The Havel-Hakimi Algorithm
The Havel-Hakimi algorithm, independently proposed by Vašek Chvátal and others and formalized by Havel (1955) and Hakimi (1962), provides a constructive approach: it not only checks graphicality but also builds an actual graph realizing the sequence.
The algorithm proceeds iteratively:
- Sort the degree sequence in non-increasing order.
- If the first element is 0, the sequence [0, 0, …, 0] is trivially graphical (empty graph). Done.
- Take the first element d₁. Connect vertex 1 to the next d₁ vertices.
- Reduce the degrees of those d₁ vertices by 1. Remove vertex 1.
- If any degree becomes negative, the sequence is not graphical.
- Repeat with the reduced sequence.
The Havel-Hakimi theorem guarantees that a sequence is graphical if and only if the reduced sequence after each step remains graphical, providing a recursive correctness proof.

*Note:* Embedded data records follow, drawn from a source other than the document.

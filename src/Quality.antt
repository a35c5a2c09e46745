-- ===== src/Quality.antt =====
-- Quality inspections (apps/api/src/quality/quality.service.ts). Measurements, notes and defects
-- have no effect on any other table and are left out.
pub mod Holds
use abyte_tex.Base.{
  ℕ, zero, ◌+◌, Bool, true, false, Option, none, some, ◌==◌, ltb, if◌then◌else◌, truthy,
}
use abyte_tex.Http.{Error, Result, ok, err, conflict, forbidden, not_found}
use abyte_tex.Context.{TenantRequestContext, assert_factory_access}
use abyte_tex.Schema
use abyte_tex.Schema.{ProductionBatch, BatchStatus, QualityInspection, QualityOutcome}
use abyte_tex.Database.{
  Prisma, Db, production_batches, quality_inspections, Action, ◌>>=◌, ◌>>◌, pure, throw, check,
  or_throw, log, find_first, count, create, update,
}

pub record CreateQualityInspectionDto : Type 0 where
  pub factory_id : ℕ
  pub production_batch_id : Option ℕ
  pub outcome : QualityOutcome

-- The status that an inspection gives its batch, if it changes it: REJECT and HOLD put a batch on
-- hold, PASS releases a held one, to COMPLETED if it has output.
unfoldable pub outcome_status : QualityOutcome → BatchStatus → ℕ → Option BatchStatus
outcome_status QualityOutcome.reject BatchStatus.in_progress output = some BatchStatus.hold
outcome_status QualityOutcome.reject BatchStatus.completed output = some BatchStatus.hold
outcome_status QualityOutcome.hold BatchStatus.in_progress output = some BatchStatus.hold
outcome_status QualityOutcome.hold BatchStatus.completed output = some BatchStatus.hold
outcome_status QualityOutcome.pass BatchStatus.hold output =
    some (if ltb 0 output then BatchStatus.completed else BatchStatus.in_progress)
outcome_status _ _ output = none

abbrev pub is_hold : BatchStatus → Bool
is_hold BatchStatus.hold = true
is_hold _ = false

module _ ⦃P : Prisma⦄ (ctx : TenantRequestContext) where
  -- The part of `createInspection` under `if (dto.productionBatchId)`.
  unfoldable pub flag_batch : ℕ → QualityOutcome → Action (Unit {0})
  flag_batch batch_id outcome = do
    found ← find_first production_batches ctx (λ b. b.id == batch_id)
    elim found [
      | none ↦ pure tt
      | some batch ↦ elim (outcome_status outcome batch.status batch.output_quantity) [
        | none ↦ pure tt
        | some status ↦ do
          update production_batches ctx (λ b. b.id == batch_id) (λ b. record b { status = status })
          log ctx Schema.AuditAction.update Schema.EntityType.production_batch batch_id
      ]
    ]

  unfoldable pub create_inspection : CreateQualityInspectionDto → ℕ → Action QualityInspection
  create_inspection dto inspected_by = do
    or_throw (truthy ctx.tenant_id) conflict
    check (assert_factory_access ctx.factory_ids (some dto.factory_id))
    n ← count quality_inspections ctx (λ i. true)
    inspection ← create quality_inspections ctx (λ t i. record {
      id = i;
      tenant_id = t;
      factory_id = dto.factory_id;
      inspection_number = n + 1;
      production_batch_id = dto.production_batch_id;
      inspected_by = inspected_by;
      outcome = dto.outcome;
    })
    elim (truthy dto.production_batch_id) [ none ↦ pure tt | some b ↦ flag_batch b dto.outcome ]
    log ctx Schema.AuditAction.create Schema.EntityType.quality_inspection inspection.id
    pure inspection

  unfoldable pub assert_batch_shippable : ℕ → Action (Unit {0})
  assert_batch_shippable batch_number = do
    found ← find_first production_batches ctx (λ b. b.batch_number == batch_number)
    elim found [
      | none ↦ pure tt
      | some batch ↦ if is_hold batch.status then throw forbidden else pure tt
    ]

Special Graph Degree Sequences
| Graph Type | Degree Sequence Pattern | Example (n=5) |
|---|---|---|
| Complete graph Kₙ | All n−1 | [4,4,4,4,4] |
| Cycle Cₙ | All 2s | [2,2,2,2,2] |
| Path Pₙ | Two 1s, rest 2s | [2,2,2,1,1] |
| Star K₁,₄ | One (n-1), rest 1s | [4,1,1,1,1] |
| Empty graph | All 0s | [0,0,0,0,0] |
| Regular graph | All equal k | [3,3,3,3,3,3] |
Applications of Degree Sequences
Degree sequences and graphicality tests appear in many real-world contexts:
- Network design: Given connectivity requirements for each node in a computer network, verify whether a valid network topology exists before hardware procurement.
- Molecular chemistry: The valence sequence of atoms determines possible molecular structures. A degree sequence corresponds to a valid molecule if and only if it is graphical, with additional chemical constraints.
- Social network analysis: Degree sequences model the distribution of connections in social networks. The small-world property often corresponds to specific graphical sequences with power-law characteristics.
- Bioinformatics: Protein interaction networks are analyzed through their degree sequences to detect anomalies and structural motifs.
- Combinatorics and extremal graph theory: Degree sequences anchor proofs of the existence of graphs with specific properties, including Ramsey theory results.
The Handshaking Lemma
The requirement that the degree sum be even is a direct consequence of the Handshaking Lemma: in any graph, the sum of all vertex degrees equals twice the number of edges (∑ deg(v) = 2|E|). This is because each edge contributes exactly 1 to the degree of each of its two endpoints. Consequently, the total degree sum must always be even, regardless of the graph's structure.